STORED DATA
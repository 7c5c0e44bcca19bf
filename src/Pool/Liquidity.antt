-- ===== src/Pool/Liquidity.antt =====
-- liquidity_pool/src/contract.rs: deposits and withdrawals.
use soroban_amm.Prelude.{ℕ, ◌+◌, ◌-◌, ◌&&◌, ◌||◌, true, false, List, ltb, ◌==◌, if◌then◌else◌, min}
use soroban_amm.Host.{
  Address, Env, Math, Result, ok, ◌>>=◌, ◌>>◌, panic_if, require_auth, validation, pool,
  pool_deposit_killed, all_coins_required, out_min_not_satisfied, fit, sub_checked,
}
use soroban_amm.Host.Integer.{as_i128}
use soroban_amm.Utils.{sqrt}
use soroban_amm.Pool.Formulas.{get_deposit_amounts}
use soroban_amm.Pool.State.{
  Pool, Outside, two, sync_reserves, mint_shares, burn_shares, get_user_balance_shares,
}

module _ ⦃m : Math⦄ where
  -- The total of the shares after a deposit: in proportion to the reserves, or for an empty pool the
  -- geometric mean.
  unfoldable pub new_total_shares : ℕ → ℕ → ℕ → ℕ → ℕ → Result ℕ
  new_total_shares reserve_a reserve_b new_reserve_a new_reserve_b total_shares =
      elim (ltb 0 reserve_a && ltb 0 reserve_b) [
        | true ↦ do
          shares_a ← m.fixed_mul_floor new_reserve_a total_shares reserve_a
          shares_b ← m.fixed_mul_floor new_reserve_b total_shares reserve_b
          ok (min shares_a shares_b)
        | false ↦ do product ← m.mul new_reserve_a new_reserve_b; root ← sqrt product; fit 128 root
      ]

  -- What shares are worth: their part of each reserve, rounded down.
  unfoldable pub value_of : Pool → ℕ → Result (ℕ × ℕ)
  value_of p share_amount = do
    out_a ← m.fixed_mul_floor p.reserve_a share_amount p.total_shares
    out_b ← m.fixed_mul_floor p.reserve_b share_amount p.total_shares
    ok (out_a, out_b)

  module _ {S : Type 0} (o : Outside S) where
    -- The rewards of the user before the pool changes.
    unfoldable pub checkpoint_before : Address → ℕ → ℕ → S → Result S
    checkpoint_before user total_shares user_shares s = do
      balance ← o.get_working_balance user user_shares s
      supply ← o.get_working_supply total_shares s
      s₁ ← o.gauges_checkpoint_user user balance supply s
      o.checkpoint_user user total_shares user_shares s₁

    -- The working balance of the user after it; `default_user` and `default_total` are what the
    -- working balance and supply default to.
    unfoldable pub checkpoint_after : Address → ℕ → ℕ → ℕ → ℕ → S → Result S
    checkpoint_after user default_user default_total total_shares user_shares s = do
      balance ← o.get_working_balance user default_user s
      supply ← o.get_working_supply default_total s
      s₁ ← o.gauges_checkpoint_user user balance supply s
      o.update_working_balance user total_shares user_shares s₁

    -- What both end with: the working balance, and the plane.
    unfoldable pub conclude : Pool → Address → ℕ → ℕ → ℕ → ℕ → S → Result (Pool × S)
    conclude p user default_user default_total total_shares user_shares s = do
      s₁ ← checkpoint_after user default_user default_total total_shares user_shares s
      s₂ ← o.update_plane p s₁
      ok (p, s₂)

    -- `if amount < desired { token.transfer(pool, user, desired - amount) }`
    unfoldable pub give_back : Env → Address → Address → ℕ → ℕ → S → Result S
    give_back e token user desired amount s =
        let call = o.transfer token e.current_contract user (as_i128 (desired - amount)) s in
        if ltb amount desired then call else ok s

    -- The end of a deposit: the shares are minted for the user, who held `user_shares`.
    unfoldable pub credit : Pool → Address → ℕ → ℕ → ℕ → ℕ → S → Result (ℕ × (Pool × S))
    credit p user user_shares min_shares new_a new_b s = do
      new_total ← new_total_shares p.reserve_a p.reserve_b new_a new_b p.total_shares
      shares ← sub_checked new_total p.total_shares
      panic_if (ltb shares min_shares) (validation out_min_not_satisfied)
      minted ← mint_shares o p user (as_i128 shares) s
      let p' = record minted.0 { reserve_a = new_a; reserve_b = new_b }
      now_held ← fit 128 (user_shares + shares)
      done ← conclude p' user 0 0 new_total now_held minted.1
      ok (shares, done)

    unfoldable pub deposit :
        Env → Pool × S → Address → List ℕ → ℕ → Result ((ℕ × ℕ) × ℕ × (Pool × S))
    deposit e (p₀, s) user desired_amounts min_shares = do
      require_auth e user
      panic_if p₀.is_killed_deposit (pool pool_deposit_killed)
      desired ← two desired_amounts
      p ← sync_reserves o e p₀ s
      let user_shares = get_user_balance_shares o p user s
      s₁ ← checkpoint_before user p.total_shares user_shares s
      let (desired_a, desired_b) = desired
      panic_if ((p.reserve_a == 0 && p.reserve_b == 0) && (desired_a == 0 || desired_b == 0))
          (validation all_coins_required)
      s₂ ← o.transfer p.token_a user e.current_contract (as_i128 desired_a) s₁
      s₃ ← o.transfer p.token_b user e.current_contract (as_i128 desired_b) s₂
      amounts ← get_deposit_amounts desired_a 0 desired_b 0 p.reserve_a p.reserve_b
      new_a ← fit 128 (p.reserve_a + amounts.0)
      new_b ← fit 128 (p.reserve_b + amounts.1)
      s₄ ← give_back e p.token_a user desired_a amounts.0 s₃
      s₅ ← give_back e p.token_b user desired_b amounts.1 s₄
      done ← credit p user user_shares min_shares new_a new_b s₅
      ok (amounts, done.0, done.1)

    unfoldable pub estimate_deposit : Env → Pool × S → List ℕ → Result (ℕ × Pool)
    estimate_deposit e (p₀, s) desired_amounts = do
      desired ← two desired_amounts
      p ← sync_reserves o e p₀ s
      let (desired_a, desired_b) = desired
      panic_if ((p.reserve_a == 0 && p.reserve_b == 0) && (desired_a == 0 || desired_b == 0))
          (validation all_coins_required)
      amounts ← get_deposit_amounts desired_a 0 desired_b 0 p.reserve_a p.reserve_b
      new_a ← fit 128 (p.reserve_a + amounts.0)
      new_b ← fit 128 (p.reserve_b + amounts.1)
      new_total ← new_total_shares p.reserve_a p.reserve_b new_a new_b p.total_shares
      shares ← sub_checked new_total p.total_shares
      ok (shares, p)

    -- The end of a withdrawal from `p`, which is `burned` without the shares.
    unfoldable pub redeem : Pool → Pool → Address → ℕ → ℕ → ℕ → ℕ → S → Result (Pool × S)
    redeem p burned user user_shares share_amount out_a out_b s = do
      new_a ← sub_checked p.reserve_a out_a
      new_b ← sub_checked p.reserve_b out_b
      user_left ← sub_checked user_shares share_amount
      total_left ← sub_checked p.total_shares share_amount
      let p' = record burned { reserve_a = new_a; reserve_b = new_b }
      conclude p' user user_left total_left total_left user_left s

    unfoldable pub withdraw : Env → Pool × S → Address → ℕ → List ℕ → Result ((ℕ × ℕ) × (Pool × S))
    withdraw e (p₀, s) user share_amount min_amounts = do
      require_auth e user
      mins ← two min_amounts
      p ← sync_reserves o e p₀ s
      let user_shares = get_user_balance_shares o p user s
      s₁ ← checkpoint_before user p.total_shares user_shares s
      burned ← burn_shares o p user share_amount s₁
      out ← value_of p share_amount
      panic_if (ltb out.0 mins.0 || ltb out.1 mins.1) (validation out_min_not_satisfied)
      s₂ ← o.transfer p.token_a e.current_contract user (as_i128 out.0) burned.1
      s₃ ← o.transfer p.token_b e.current_contract user (as_i128 out.1) s₂
      done ← redeem p burned.0 user user_shares share_amount out.0 out.1 s₃
      ok (out, done)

ABOUT THIS TASK
If a line of the data above holds the string "antt", count it, then give only the final number.

EXERCISE RESPONSE
2